The Returning State. And he gets his hands all over the place. The words of Minister Giancarlo Giorgetti following the announcement of the intention to enter Tim's capital, they opened up a, if not new, more defined perspective on the privatization of Italian companies, albeit with caution. And there's already a list of them: in the front row is the Monte dei Paschi di Siena.

After announcing plans to spend up to 2,2 billion on the network Tim, for a stake that can reach 20% of Netco, Giorgetti specified that in the future the State does not intend to play only the role of buyer. “As far as privatizations are concerned, there are certainly situations that could give rise to a reallocation of state shareholdings”, explains the minister. "Today we are discussing a State that enters into strategic participation, there may be other realities in which it is appropriate in some way to divest".
How much and how to enter Italian companies will be defined with caution: the sale, says Giorgetti, will concern only small minority shares. Paying attention, therefore, to preserving public control, especially in companies considered strategic.
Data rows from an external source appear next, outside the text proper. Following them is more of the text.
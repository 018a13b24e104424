-- ===== src/Hnsw/Update/Compacted.antt =====
-- The compaction: its inserts never fail, and what it leaves is what was alive.
use gvector.Prelude.{
  ℕ, zero, suc, ◌+◌, ◌*◌, ◌≤◌, ◌<◌, ◌≡◌, refl, sym, ap, ◌∙◌, subst, ◌≢◌, inl, inr, Bool, true,
  false, ◌||◌, Option, none, some, List, [], ◌∷◌, arith, ltb, eqb, eqb_iff, eqb_refl, Bool-cases,
  Option-cases, some_inj, length, get_elem?, get_or, drop, length-take, length-drop, get_elem?-lt,
  nat_key, string_key, lookup, lookup-insert,
}
use gvector.Types.{VectorId, Vector}
use gvector.Index.{ok}
use gvector.Distance.{F32Ops, prepare}
use gvector.Hnsw.{HnswIndex, Randomness, new, contains, vector_at, range_from}
use gvector.Hnsw.Update.{insert_vector, compact_loop, compact, link_node}
use gvector.Hnsw.Update.Rows.{rows, rows-link_node}
use gvector.Hnsw.Update.Tracked.{IsTracked, pushed}
use gvector.Hnsw.Update.Valid.{
  IsValid, new-IsValid, placed, new_level, insert_vector_ok, rows-placed,
}
use gvector.Hnsw.Update.Inserted.{insert_vector-IsValid}

module _ {R : Type 0} where
  pub contains-eq :
      (idx : HnswIndex R) (id : VectorId)
      → contains idx id ≡ elim (lookup id idx.slot_of) [ none ↦ false | some slot ↦ true ]
  unfolding contains
  contains-eq idx id = refl

  pub contains-none :
      (idx : HnswIndex R) (id : VectorId) → contains idx id ≡ false → lookup id idx.slot_of ≡ none
  unfolding contains
  contains-none idx id h = ground arith

-- A row of a valid index has `dim` numbers.
pub length-vector_at :
    {R : Type 0} (idx : HnswIndex R) (slot : ℕ)
    → IsTracked (rows idx)
    → slot < length idx.ids
    → length (vector_at idx slot) ≡ idx.dim
unfolding vector_at
length-vector_at idx slot t h =
    let room : slot * idx.dim + idx.dim ≤ length idx.ids * idx.dim = grind arith in
    omega (
      arith,
      length-take idx.dim (drop (slot * idx.dim) idx.storage),
      length-drop (slot * idx.dim) idx.storage,
      t.block,
    )

module _ (ops : F32Ops) {R : Type 0} (random : Randomness R) where
  -- The rows after an insert that succeeds.
  pub rows-insert_vector :
      (idx : HnswIndex R) (id : VectorId) (v : Vector) {idx' : HnswIndex R}
      → insert_vector ops random idx id v ≡ ok idx'
      → rows idx' ≡ pushed (rows idx) id (prepare ops idx.metric v)
  rows-insert_vector idx id v e =
      let (l, fresh, out) = insert_vector_ok ops random idx id v e in
      ap rows out
      ∙ rows-link_node ops (length idx.ids) (new_level ops random idx id v)
          (placed ops random idx id v)
      ∙ rows-placed ops random idx id v

  -- A new id with a vector of the right length is taken, and nothing else changes.
  pub insert_vector-total :
      (idx : HnswIndex R) (id : VectorId) (v : Vector)
      → length v ≡ idx.dim
      → contains idx id ≡ false
      → (idx' : HnswIndex R) × (insert_vector ops random idx id v ≡ ok idx')
        × (rows idx' ≡ pushed (rows idx) id (prepare ops idx.metric v))
        × ((key : VectorId) → contains idx' key ≡ (eqb id key || contains idx key))
  unfolding insert_vector contains
  insert_vector-total idx id v l fresh =
      let idx' =
        link_node ops (length idx.ids) (new_level ops random idx id v)
          (placed ops random idx id v) in
      let e : insert_vector ops random idx id v ≡ ok idx' =
        rw (l, eqb_refl idx.dim, fresh, insert_vector) refl in
      let same = rows-insert_vector idx id v e in
      (
        idx',
        e,
        same,
        λ key.
            ap (λ r. elim (lookup key r.slot_of) [ none ↦ false | some slot ↦ true ]) same
            ∙ ap (λ (o : Option ℕ). elim o [ none ↦ false | some slot ↦ true ])
                (lookup-insert id key (length idx.ids) idx.slot_of)
            ∙ ground arith,
      )

pub get_or-some :
    {A : Type 0} (xs : List A) (i : ℕ) (d : A)
    → i < length xs
    → get_elem? xs i ≡ some (get_or xs i d)
get_or-some [] i d h = elim h [ ]
get_or-some (x ∷ xs) zero d h = refl
get_or-some (x ∷ xs) (suc i) d h = get_or-some xs i d (omega arith)

module _ (ops : F32Ops) {R : Type 0} (random : Randomness R) (idx : HnswIndex R)
    (valid : IsTracked (rows idx)) where
  -- An id that is alive in a slot below `start`.
  below : ℕ → VectorId → Bool
  below start key = elim (lookup key idx.slot_of) [ none ↦ false | some s ↦ ltb s start ]

  -- A slot with its flag up adds no id, and one that is alive adds its own.
  below-dead :
      (start : ℕ) (key : VectorId)
      → get_elem? idx.deleted start ≡ some true
      → below (start + 1) key ≡ below start key
  unfolding below
  below-dead start key h = elim (Option-cases (lookup key idx.slot_of)) [
    | inl n ↦ ground arith
    | inr (s, e) ↦
        let (at, alive) = valid.placed key s e in
        let apart : s ≢ start = λ q. cc (ap (get_elem? idx.deleted) q) in ground arith
  ]

  below-alive :
      (start id : ℕ) (key : VectorId)
      → lookup id idx.slot_of ≡ some start
      → below (start + 1) key ≡ (eqb id key || below start key)
  unfolding below
  below-alive start id key h = elim (Option-cases (lookup key idx.slot_of)) [
    | inl n ↦
        let apart : id ≢ key = λ q. cc (ap (λ k. lookup k idx.slot_of) q) in
        ground (arith, eqb_iff id key)
    | inr (s, e) ↦
        let same : id ≡ key → start ≡ s =
          λ q. some_inj (sym h ∙ ap (λ k. lookup k idx.slot_of) q ∙ e) in
        let back : start ≡ s → id ≡ key = λ q.
          some_inj (
            sym (valid.placed id start h).0
            ∙ ap (get_elem? idx.ids) q
            ∙ (valid.placed key s e).0) in
        ground (arith, eqb_iff id key)
  ]

  below_self : (start id : ℕ) → lookup id idx.slot_of ≡ some start → below start id ≡ false
  unfolding below
  below_self start id h = ground arith

  below_none : (key : VectorId) → below 0 key ≡ false
  unfolding below
  below_none key = elim (Option-cases (lookup key idx.slot_of)) [
    | inl n ↦ ground arith
    | inr (s, e) ↦ ground arith
  ]

  below_all : (key : VectorId) → below (length idx.ids) key ≡ contains idx key
  unfolding below contains
  below_all key = elim (Option-cases (lookup key idx.slot_of)) [
    | inl n ↦ ground arith
    | inr (s, e) ↦ let inside = get_elem?-lt idx.ids s key (valid.placed key s e).0 in ground arith
  ]

  -- A copy in the making: valid, of the same dimension, with no tombstone and the ids below `start`.
  record IsCopy (start : ℕ) (fresh : HnswIndex R) : Type 0 where
    valid_copy : IsValid fresh
    same_dim : fresh.dim ≡ idx.dim
    clean : fresh.deleted_count ≡ 0
    same_ids : (key : VectorId) → contains fresh key ≡ below start key

  IsCopy-step :
      (start : ℕ) (fresh : HnswIndex R)
      → start < length idx.ids
      → get_or idx.deleted start false ≡ false
      → IsCopy start fresh
      → (next : HnswIndex R) × (insert_vector ops random fresh
            (get_or idx.ids start 0)
            (vector_at idx start)
          ≡ ok next)
        × IsCopy (start + 1) next
  IsCopy-step start fresh h alive copy =
      let id = get_or idx.ids start 0 in
      let at = get_or-some idx.ids start 0 h in
      let flag : get_elem? idx.deleted start ≡ some false =
        get_or-some idx.deleted start false (omega (arith, valid.flags)) ∙ ap some alive in
      let here = valid.mapped id start at flag in
      let absent : contains fresh id ≡ false = copy.same_ids id ∙ below_self start id here in
      let (next, e, same, ids) =
        insert_vector-total ops random fresh id (vector_at idx start)
          (length-vector_at idx start valid h ∙ sym copy.same_dim) absent in
      (
        next,
        e,
        record {
          valid_copy = insert_vector-IsValid ops random fresh id _ copy.valid_copy e;
          same_dim = ap (λ r. r.dim) same ∙ copy.same_dim;
          clean = ap (λ r. r.deleted_count) same ∙ copy.clean;
          same_ids = λ key.
              ids key
              ∙ ap (λ b. eqb id key || b) (copy.same_ids key)
              ∙ sym (below-alive start id key here);
        },
      )

  new-IsCopy : IsCopy 0 (new random idx.dim idx.metric idx.params)
  unfolding new contains lookup
  new-IsCopy = record {
    valid_copy = new-IsValid random idx.dim idx.metric idx.params;
    same_dim = refl;
    clean = refl;
    same_ids = λ key. sym (below_none key);
  }

  compact_loop-total :
      (n start : ℕ) (fresh : HnswIndex R)
      → start + n ≡ length idx.ids
      → IsCopy start fresh
      → (out : HnswIndex R) × (compact_loop ops random idx (range_from start n) fresh ≡ some out)
        × IsCopy (start + n) out
  unfolding compact_loop range_from
  compact_loop-total zero start fresh h copy =
      (fresh, refl, subst (λ m. IsCopy m fresh) (omega arith) copy)
  compact_loop-total (suc n) start fresh h copy =
      let shift : start + 1 + n ≡ start + suc n = omega arith in
      elim (Bool-cases (get_or idx.deleted start false)) [
        | inl dead ↦
            let flag : get_elem? idx.deleted start ≡ some true =
              get_or-some idx.deleted start false (omega (arith, valid.flags)) ∙ ap some dead in
            let (out, e, c) = compact_loop-total n (start + 1) fresh (omega arith) (record {
              valid_copy = copy.valid_copy;
              same_dim = copy.same_dim;
              clean = copy.clean;
              same_ids = λ key. copy.same_ids key ∙ sym (below-dead start key flag);
            }) in
            (out, rw dead e, subst (λ m. IsCopy m out) shift c)
        | inr alive ↦
            let (next, i, c') = IsCopy-step start fresh (omega arith) alive copy in
            let (out, e, c) = compact_loop-total n (start + 1) next (omega arith) c' in
            (out, rw (alive, i) e, subst (λ m. IsCopy m out) shift c)
      ]

  -- No insert of a compaction fails; it leaves a valid index without tombstones that holds the same
  -- ids.
  pub compact-total :
      (out : HnswIndex R) × (compact ops random idx ≡ some out)
      × IsValid out
      × (out.dim ≡ idx.dim)
      × (out.deleted_count ≡ 0)
      × ((key : VectorId) → contains out key ≡ contains idx key)
  unfolding compact
  compact-total =
      let n = length idx.ids in
      let (out, e, c) =
        compact_loop-total n 0 (new random idx.dim idx.metric idx.params) (omega arith)
          new-IsCopy in
      (
        out,
        e,
        c.valid_copy,
        c.same_dim,
        c.clean,
        λ key. c.same_ids key ∙ ap (λ m. below m key) (omega arith) ∙ below_all key,
      )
Mps in pole position despite the ax of taxation on extra profits

But from Giorgetti's words the first thought flew to the dossier Ps, the bank in which the Treasury holds 64,2% and from which it must leave due to commitments made with the EU (informally it is said by the end of 2024, even if a precise deadline has never been communicated). Il Monte dei Paschi, under the direction of Luigi Lovaglio, managed to land a capital increase from 2,5 billion last November to 2 euros per share and this year the stock first rose to over 2,8 euros (when Axa exited by selling its shares with a capital gain) , then it returned below 2 euros and then, after the half-yearly results, it went back up to almost 2,8.
So much so that several investment banks had advised the Mef to take advantage of it to start placing at least a part of that 64% on the market.
But here is the hoe in the foot of the Treasury itself: on 7 August the Meloni government announced the tax on extra profits of the banks. Bank stocks on the Stock Exchange react with a drop of around 10% and Monte is no different. So that provision backfired on the government, having that large slice of MPs in its belly. Now the share is recovering and Giorgetti is probably thinking of following that advice of the investment bankers, placing on the market a quota, it is not known how large, of the shares in the portfolio. He will have to do it at a discount, but in any case the capital gain is guaranteed given that the book value is 2 euros.

The privatizable list includes ports, healthcare and transport

But it doesn't end there. On the list is the proposal to privatize i ports, launched in recent days by Foreign Minister Antonio Tajani, which angered Matteo Salvini.
The force workers are working on a bill that will concern tourist and commercial ports. First point: transforming the port authorities into joint stock companies. "In this way - explains the spokesman of the party Raffaele Nevi - we can attract private investments and capital". With a touch of amarcord because the work is inspired by the "Motorways of the sea", the infrastructure project launched by Silvio Berlusconi in 2001.
Then there are other entries: the local public transport,healthcare building and some services Public administration.
And then there's the affair Eng who is now betrothed to Lufthansa. The Treasury has signed an agreement to sell 41% of the company and gradually reduce the shareholding. Among the hypotheses circulating these days is the one that provides for the entry of the giant MSC in place of the MEF. A complex operation given that the privatization decree establishes very specific stakes but which can always be modified. At the end of the sale process, according to the scheme of the decree, the Treasury should in fact maintain a 10% share of Ita. In the past other hypotheses had emerged, such as those concerning the railways and in particular the prized piece of the high-speed train. But there are no indications that these projects have made a comeback. In any case, it should be remembered that the proceeds of privatizations flow into the public budget but, being one-off items, they cannot be used to cover spending measures such as those of the manoeuvre. Rather, they serve to reduce public debt.